THE TASK
From the entries below, output the line with "(zs : List Entry) × (sort_loop" and each following line up to and including the line with "(winner ∷ rest) (e ∷ es)", exactly as written.

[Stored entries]
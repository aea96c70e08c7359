-- ===== src/Movies/Select/Sorted.antt =====
-- hw4_simple-movies-recommendation-system-lala-ju/lib.c: `sort`, its rounds and its result.
use mathlib.Core.List.{Mem, Perm, Pairwise, Pairwise-singleton, mem-cons_self, mem-cons_of_mem, map}
use mathlib.Core.List.Perm
use system_programming_homew.Prelude.{
  ℕ, zero, suc, ◌<◌, ◌≤◌, ◌≡◌, refl, ◌∙◌, false, List, [], ◌∷◌, some, get_elem?, set, length,
  length-set, arith, ltb, lt→ltb,
}
use system_programming_homew.Prelude.Int.{pos, ◌≤ℤ◌}
use system_programming_homew.Movies.Entry.{Entry, ◌≼◌}
use system_programming_homew.Movies.Select.{
  argmax, swap, add_secret, secret, max_len, sort_loop, sort,
}
use system_programming_homew.Movies.Select.Choice.{IsBefore, argmax_lem}

-- No score is negative, and there is room for the suffix check on each name.
abbrev pub IsSortable : List Entry → Type 0
IsSortable es = (x : Entry) → Mem x es → (pos 0 ≤ℤ x.score) × (length x.name < max_len)

IsSortable-perm : (xs ys : List Entry) → Perm xs ys → IsSortable ys → IsSortable xs
IsSortable-perm xs ys p h x m = h x ((Perm.mem_iff p).0 m)

IsBefore-perm : (e : Entry) (xs ys : List Entry) → Perm xs ys → IsBefore e ys → IsBefore e xs
IsBefore-perm e xs ys p h x m = h x ((Perm.mem_iff p).0 m)

set-perm :
    (e x : Entry) (es : List Entry) (i : ℕ)
    → get_elem? es i ≡ some x
    → Perm (x ∷ set es i e) (e ∷ es)
set-perm e x [] i h = cc
set-perm e x (y ∷ es) zero h = let same : y ≡ x = cc in rw same (Perm.swap e x es)
set-perm e x (y ∷ es) (suc i) h =
    Perm.trans (Perm.swap y x (set es i e))
      (Perm.trans (Perm.cons y (set-perm e x es i h)) (Perm.swap e y es))

swap-perm :
    (e : Entry) (es : List Entry) (idx : ℕ) (x : Entry)
    → get_elem? (e ∷ es) idx ≡ some x
    → (rest : List Entry) × (swap e es idx ≡ some (x, rest))
      × Perm (x ∷ rest) (e ∷ es)
      × (length rest ≡ length es)
unfolding swap
swap-perm e es zero x h =
    let same : x ≡ e = cc in (es, ground arith, Perm.cons' same Perm.rfl, refl)
swap-perm e es (suc i) x h = (set es i e, ground arith, set-perm e x es i h, length-set es i e)

add_secret-short : (e : Entry) → length e.name < max_len → add_secret e ≡ some (secret e)
unfolding add_secret
add_secret-short e h = rw (lt→ltb _ _ h)

-- The loop's result: the entries in order, each with its suffix.
abbrev SortsTo : ℕ → Entry → List Entry → Type 0
SortsTo n e es =
    (zs : List Entry) × (sort_loop n e es ≡ some (map secret zs))
    × Perm zs (e ∷ es)
    × Pairwise ◌≼◌ zs

sort_round :
    (n idx : ℕ) (e winner : Entry) (es rest : List Entry)
    → ((z : Entry) (zs : List Entry) → length zs ≡ n → IsSortable (z ∷ zs) → SortsTo n z zs)
    → argmax e es ≡ some idx
    → swap e es idx ≡ some (winner, rest)
    → Perm (winner ∷ rest) (e ∷ es)
    → length rest ≡ suc n
    → IsSortable (e ∷ es)
    → IsBefore winner (e ∷ es)
    → SortsTo (suc n) e es
unfolding sort_loop
sort_round n idx e winner es [] ih found swapped p len h before = absurd (omega arith)
sort_round n idx e winner es (z ∷ zs) ih found swapped p len h before =
    let all = IsSortable-perm (winner ∷ z ∷ zs) (e ∷ es) p h in
    let (ys, sorted, q, order) = ih z zs (omega arith) (λ x m. all x (mem-cons_of_mem winner m)) in
    (
      winner ∷ ys,
      rw (found, swapped, add_secret-short winner (all winner mem-cons_self).1, sorted),
      Perm.trans (Perm.cons winner q) p,
      Pairwise.cons
          (λ x m. before x ((Perm.mem_iff p).0 (mem-cons_of_mem winner ((Perm.mem_iff q).0 m))))
          order,
    )

sort_loop-sorted :
    (n : ℕ) (e : Entry) (es : List Entry) → length es ≡ n → IsSortable (e ∷ es) → SortsTo n e es
unfolding sort_loop
sort_loop-sorted zero e [] len h =
    (e ∷ [], rw (add_secret-short e (h e mem-cons_self).1), Perm.rfl, Pairwise-singleton _ e)
sort_loop-sorted zero e (y ∷ es) len h = absurd (omega arith)
sort_loop-sorted (suc n) e es len h =
    let (idx, winner, found, place, before) = argmax_lem e es (h e mem-cons_self).0 in
    let (rest, swapped, p, same_length) = swap-perm e es idx winner place in
    sort_round n idx e winner es rest (sort_loop-sorted n) found swapped p (same_length ∙ len) h
      before

-- Given at least one entry and no more than there are movies, none with a negative score or a name
-- of 255 bytes or more, sort returns: the entries in order of rank, each exactly once, with the
-- suffix behind its name.
pub sort-sorted :
    (num_of_movies : ℕ) (e : Entry) (es : List Entry)
    → length (e ∷ es) ≤ num_of_movies
    → IsSortable (e ∷ es)
    → (zs : List Entry) × (sort num_of_movies (e ∷ es) ≡ some (map secret zs))
      × Perm zs (e ∷ es)
      × Pairwise ◌≼◌ zs
unfolding sort
sort-sorted num_of_movies e es fits h =
    let (zs, sorted, p, order) = sort_loop-sorted (length es) e es refl h in
    (zs, rw (le→not_ltb num_of_movies (length (e ∷ es)) fits) sorted, p, order)
  where
    le→not_ltb : (a b : ℕ) → b ≤ a → ltb a b ≡ false
    le→not_ltb a b k = ground arith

EXERCISE RESULT
    (zs : List Entry) × (sort_loop n e es ≡ some (map secret zs))
    × Perm zs (e ∷ es)
    × Pairwise ◌≼◌ zs

sort_round :
    (n idx : ℕ) (e winner : Entry) (es rest : List Entry)
    → ((z : Entry) (zs : List Entry) → length zs ≡ n → IsSortable (z ∷ zs) → SortsTo n z zs)
    → argmax e es ≡ some idx
    → swap e es idx ≡ some (winner, rest)
    → Perm (winner ∷ rest) (e ∷ es)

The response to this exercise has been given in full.